Gasoline Volatile Amid Evolving View of Sandy's Impact

Gasoline futures surged as much as 7.6% Wednesday before giving back nearly all the gains as traders and analysts quickly switched their outlook on how Hurricane Sandy has impacted gasoline supplies.

Gasoline futures for November delivery jumped as high as $2.938 per gallon mid-morning--6.3% above Wednesday's close--due to panic buying by wholesalers of contracts for delivery of the motor fuel ahead of Wednesday's expiration of the November gasoline futures contract, market participants said. They added the wholesalers were caught in a classic "short squeeze"--in which sellers forced prices higher because they knew the wholesalers needed the physical fuel promised in the expiring futures contracts for their own deliveries.

The squeeze was accentuated by fears of supply shortages along the U.S. East Coast due to problems caused by the storm, such as power outages, which created problems with the region's energy infrastructure, such as refineries and pipelines.

But after futures hit their high for the day, prices plunged, touching as low as $2.729 per gallon, 1% below Wednesday's close. Traders and analysts said new information reassured the market that Sandy hadn't done as much damage as feared to refineries and pipelines.

"There were real fears gripping the marketplace in the morning" about a supply shortage, said Again Capital trader John Kilduff. "As the situation became more clear, [prices pulled back], because we knew there hadn't been any cataclysmic effects on refining infrastructure."

Gasoline settled Wednesday at $2.762 per gallon, up 3.3 cents, or 1.2%. That was a slightly bigger jump than West Texas Intermediate oil futures on the New York Mercantile Exchange, which settled Wednesday at $86.24 per barrel, up 56 cents, or 0.7%. Brent crude lost 38 cents per barrel, or 0.35%, to close at $108.70 a barrel.

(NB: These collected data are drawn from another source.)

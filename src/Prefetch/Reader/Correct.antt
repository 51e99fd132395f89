-- ===== src/Prefetch/Reader/Correct.antt =====
-- `try_read` and `read`: the reader gives the bytes of the object, wherever it is asked to read.
use mathlib.Core.Path.{subst}
use mountpoint_s.Prelude.{
  ℕ, ◌+◌, ◌-◌, ◌*◌, ◌≤◌, ◌<◌, min, max, ◌≡◌, refl, sym, List, Bool, true, false, Option, none, some,
  Outcome, ok, err, panic, arith, length, slice, slice_empty, ◌==◌, eqb→eq, eqb→ne, Bool-cases, inl,
  inr, eq→eqb,
}
use mountpoint_s.Checksums
use mountpoint_s.Checksums.{Crc, ChecksummedBytes}
use mountpoint_s.Checksums.Content
use mountpoint_s.Checksums.Content.{IsIntact, content}
use mountpoint_s.Prefetch.Errors.{ReadError}
use mountpoint_s.Prefetch.Part.{ObjectId}
use mountpoint_s.Prefetch.Task.{RequestTask}
use mountpoint_s.Prefetch.Reader.{Source, Reader, reset_prefetch_to_offset}
use mountpoint_s.Prefetch.Reader.Seek.{try_seek}
use mountpoint_s.Prefetch.Reader.Calls.{
  settle, seek, ensure_task, read_settled, try_read, finish, read,
}
use mountpoint_s.Prefetch.Reader.Invariant.{IsHonest, IsSound, IsReady, reset-IsReady}
use mountpoint_s.Prefetch.Reader.Loop.{ReadsTo, read_loop_lem}
use mountpoint_s.Prefetch.Reader.Skips.{Seeks, try_seek_lem}
use mountpoint_s.Prefetch.Reader.Spawns.{spawn_lem}

module _ (crc : Crc) (source : Source) (id : ObjectId) (object : List ℕ) (whole : Bool) where
  -- How a seek may end for `try_read`.
  abbrev Settles : ℕ → Outcome ReadError (Unit {0}) × Reader → Type 0
  Settles target (ok _, r) =
      IsReady crc id object whole r × (r.next_sequential_read_offset ≡ target)
  Settles target (err e, r) = (whole ≡ false) × IsSound crc id object whole r
  Settles target (panic, r) = ⊥

  settle_lem :
      (target : ℕ) (x : Outcome ReadError Bool × Reader)
      → target ≤ length object
      → Seeks crc id object whole target x
      → Settles target (settle target x)
  unfolding settle reset_prefetch_to_offset
  settle_lem target (ok true, r) le s = s
  settle_lem target (ok false, r) le s = (reset-IsReady crc id object whole r target s le, refl)
  settle_lem target (err e, r) le s = s
  settle_lem target (panic, r) le s = s

  seek_lem :
      (target : ℕ) (r : Reader)
      → IsReady crc id object whole r
      → target ≤ length object
      → Settles target (seek r target)
  unfolding seek
  seek_lem target r v le = elim (Bool-cases (r.next_sequential_read_offset == target)) [
    | inl here ↦ rw here (v, eqb→eq _ _ here)
    | inr away ↦ rw away (
        settle_lem target (try_seek r target) le
          (try_seek_lem crc id object whole target r v (λ e. eqb→ne _ _ away (sym e)) le))
  ]

  ensure_task_lem :
      (r : Reader) (task : Option RequestTask)
      → r.task ≡ task
      → IsHonest crc id object whole source
      → IsReady crc id object whole r
      → (r' : Reader) × (t : RequestTask) × (ensure_task crc source r task ≡ ok r')
        × IsReady crc id object whole r'
        × (r'.next_sequential_read_offset ≡ r.next_sequential_read_offset)
        × (r'.task ≡ some t)
  unfolding ensure_task
  ensure_task_lem r (some t) e h v = (r, t, refl, v, refl, e)
  ensure_task_lem r none e h v = spawn_lem crc source id object whole r h v

  read_settled_lem :
      (offset n : ℕ) (x : Outcome ReadError (Unit {0}) × Reader)
      → IsHonest crc id object whole source
      → offset + n ≤ length object
      → Settles offset x
      → ReadsTo crc source id object whole offset (offset + n) (read_settled crc source offset n x)
  unfolding read_settled Checksums.default slice
  read_settled_lem offset n (err e, r) h le s = s
  read_settled_lem offset n (panic, r) h le s = s
  read_settled_lem offset n (ok u, r) h le (v, at) =
      let (r', t, e, ready, next, task) = ensure_task_lem r r.task refl h v in
      rw (eq→eqb _ _ at, e)
        (read_loop_lem crc source id object whole n offset (offset + n) n r' Checksums.default true
          (record {
            ready = ready;
            valid = omega arith;
            intact = inr crc.checksum_empty;
            bytes = sym (slice_empty object offset r'.next_sequential_read_offset (omega arith));
            ordered = omega arith;
            goal = omega arith;
            target_le = le;
            task = (t, task);
          })
          (omega arith))

  -- What a read answers: the bytes from the offset on, up to the length asked for or the end of the
  -- object, and a ready reader; or, if the producer may fail, an error, and a ready reader too.
  abbrev pub Answers : ℕ → ℕ → Outcome ReadError ChecksummedBytes × Reader → Type 0
  Answers offset n (ok bytes, r) =
      Content.IsValid bytes
      × IsIntact crc bytes
      × (content bytes ≡ slice object offset (min (offset + n) (length object)))
      × IsReady crc id object whole r
  Answers offset n (err e, r) = (whole ≡ false) × IsReady crc id object whole r
  Answers offset n (panic, r) = ⊥

  finish_lem :
      (offset n : ℕ) (x : Outcome ReadError (ChecksummedBytes × Bool) × Reader)
      → offset ≤ length object
      → ReadsTo crc source id object whole offset (min (offset + n) (length object)) x
      → Answers offset n (finish crc source offset x)
  unfolding finish
  finish_lem offset n (ok (bytes, from_cache), r) le (valid, intact, e, ready, next) =
      (valid, intact, e, ready)
  finish_lem offset n (err e, r) le (w, sound) =
      (w, reset-IsReady crc id object whole r offset sound le)
  finish_lem offset n (panic, r) le x = x

  sized-IsReady :
      (r : Reader) (n : ℕ)
      → IsReady crc id object whole r
      → IsReady crc id object whole
          (record r { preferred_part_size = min (max r.preferred_part_size n) (1024 * 1024) })
  sized-IsReady r n v = record {
    sound = record {
      size_is = v.sound.size_is;
      object_small = v.sound.object_small;
      id_is = v.sound.id_is;
      sensible = v.sound.sensible;
      part_pos = omega (arith, v.sound);
      part_small = omega (arith, v.sound);
      window_small = v.sound.window_small;
      limit = v.sound.limit;
    };
    within = v.within;
    window = v.window;
    task = v.task;
  }

  -- From a ready reader, with an honest source, a read at any offset and of any length, whatever arrives
  -- when: it returns, and gives exactly the bytes of the object from the offset on, up to the length or to
  -- the end of the object, with a checksum that fits them; or it fails, which it can do only if the
  -- producer may stop early or send an error. It never panics, and leaves the reader ready either way.
  pub read_correct :
      (r : Reader) (offset n : ℕ)
      → IsHonest crc id object whole source
      → IsReady crc id object whole r
      → Answers offset n (read crc source r offset n)
  unfolding read try_read finish Checksums.default slice
  read_correct r offset n h v =
      let sized : Reader = record r {
        preferred_part_size = min (max r.preferred_part_size n) (1024 * 1024);
      } in
      let ready : IsReady crc id object whole sized = sized-IsReady r n v in
      elim (Bool-cases (r.size - offset == 0)) [
        | inl past ↦
            rw (past, read, finish, try_read)
              (
                omega arith,
                inr crc.checksum_empty,
                sym (slice_empty object offset _ (omega (arith, eqb→eq _ _ past, v.sound))),
                ready,
              )
        | inr before ↦
            let le : offset < length object = omega (arith, eqb→ne _ _ before, v.sound) in
            rw (before, read, try_read)
              (finish_lem offset n
                (read_settled crc source offset (min n (r.size - offset)) (seek sized offset))
                (omega arith)
                (subst
                  (λ k.
                    ReadsTo crc source id object whole offset k (
                      read_settled crc source offset (min n (r.size - offset)) (seek sized offset)))
                  (omega (arith, v.sound))
                  (read_settled_lem offset (min n (r.size - offset)) (seek sized offset) h
                    (omega (arith, v.sound)) (seek_lem offset sized ready (omega arith)))))
      ]
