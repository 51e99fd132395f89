-- ===== src/Prefetch/Reader/Cached.antt =====
-- The reader over a data cache: mountpoint-s3-fs/src/prefetch/caching_stream.rs,
-- `CachingPartStream::spawn_get_object_request` and the future that it spawns.
use mountpoint_s.Prelude.{ℕ, ◌≤◌, ◌<◌, ◌^◌, refl, List, false, some, arith, ◌+w◌}
use mountpoint_s.Checksums.{Crc}
use mountpoint_s.DataCache.{DataCache, IsFaithful}
use mountpoint_s.Prefetch.Part.{ObjectId}
use mountpoint_s.Prefetch.Backpressure.{disable}
use mountpoint_s.Prefetch.Range.{RequestRange, end_offset, initial_read_window_size}
use mountpoint_s.Prefetch.Compose.{Item, Waits}
use mountpoint_s.Prefetch.Compose.Honest.{KeepsTo}
use mountpoint_s.Prefetch.Caching.{get_from_cache}
use mountpoint_s.Prefetch.Caching.Requests.{GoodBlock}
use mountpoint_s.Prefetch.Caching.Lookups.{get_from_cache_lem}
use mountpoint_s.Prefetch.Caching.Shared.{
  SharedCache, Event, run, AllHonest, IsCoherent, run-IsCoherent,
}
use mountpoint_s.Prefetch.Reader.{PrefetcherConfig, Source, Reader}
use mountpoint_s.Prefetch.Reader.Calls.{read}
use mountpoint_s.Prefetch.Reader.Invariant.{IsReady}
use mountpoint_s.Prefetch.Reader.Correct.{Answers, read_correct}

module _ {S : Type 0} (data_cache : DataCache S) (crc : Crc) (id : ObjectId) where
  -- `s` is the cache when the request looks into it.
  abbrev pub cached_source :
      PrefetcherConfig → ℕ → ℕ → (RequestRange → List Item) → Waits → S → Source
  cached_source config read_part_size initial client waits s = record {
    read_part_size = read_part_size;
    initial_read_window = some initial;
    alignment = λ initial_end. disable;
    checks_part_size = false;
    messages = λ range initial_end part_size.
        (get_from_cache data_cache crc id client initial_end range
          (record {
            read_window_end_offset =
                range.offset +w initial_read_window_size config.initial_request_size read_part_size;
            request_end_offset = end_offset range;
          })
          waits s).0.messages;
  }

  -- With a part size from 2 to 2^61 - 1, an initial window of a byte at least, a faithful cache of
  -- blocks of 1 to 2^61 - 1 bytes that is coherent at first, and clients that send bytes of the objects,
  -- but may stop early or fail: whatever requests and updates of the cache have run before in any order,
  -- a read of a ready reader over the cache gives exactly the bytes of the object from the offset on, up to
  -- the length or to its end, with a checksum that fits them, or it fails; it leaves the reader ready
  -- and never panics.
  pub cached_read_correct :
      (objects : ObjectId → List ℕ) (Keeps : S → Type 0) (config : PrefetcherConfig)
      (read_part_size initial : ℕ) (client : RequestRange → List Item) (waits : Waits)
      (events : List Event) (c : SharedCache S) (r : Reader) (offset n : ℕ)
      → 2 ≤ read_part_size
      → read_part_size < 2 ^ 61
      → 0 < initial
      → 0 < data_cache.block_size
      → data_cache.block_size < 2 ^ 61
      → IsFaithful data_cache (GoodBlock data_cache crc objects) Keeps
      → KeepsTo crc id (objects id) client
      → AllHonest data_cache crc objects Keeps events
      → IsCoherent data_cache crc objects Keeps c
      → IsReady crc id (objects id) false r
      → let s = (run data_cache crc events c).state in
        let source = cached_source config read_part_size initial client waits s in
        Answers crc source id (objects id) false offset n (read crc source r offset n)
  cached_read_correct objects Keeps config read_part_size initial client waits events c r offset n
        two small pos block_pos block_small f keeps honest i v =
      let s : S = (run data_cache crc events c).state in
      let now = run-IsCoherent data_cache crc objects Keeps events c f honest i in
      read_correct crc (cached_source config read_part_size initial client waits s) id (objects id)
        false r offset n
        (record {
          part_two = two;
          part_small = small;
          initial = initial;
          initial_pos = pos;
          initial_set = refl;
          aligned = λ initial_end fits. tt;
          delivers = λ range initial_end part_size size all some_part part_le.
              (get_from_cache_lem data_cache crc id objects Keeps client initial_end range _ waits s
                f keeps
                (record {
                  block_pos = block_pos;
                  block_small = block_small;
                  range_le = omega arith;
                  size_is = size;
                  object_small = v.sound.object_small;
                })
                now.keeps).0;
        })
        v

After the morning jump in prices, market participants said the gasoline supply prospects for the region improved with news that power had been restored at the Phillips 66 238,000-barrel-a-day Linden, N.J. refinery and flood waters had receded somewhat. Also, operators of the Colonial Pipeline, which normally delivers 2.4 billion barrels a day of refined products to the Northeast from the Gulf Coast, said they expected commercial power to be restored by Friday.

Those reassuring bits of news suggested the impact from Sandy wasn't as great as had been thought only hours earlier, and prices began easing. Traders and analysts said the fall was aided by concerns about weak gasoline demand, given that the region has been all but shut down for most of the week.

"Once the panic buying abated a little bit, then the focus went to the demand side of the equation," said Phil Flynn, an analyst at the Price Futures Group.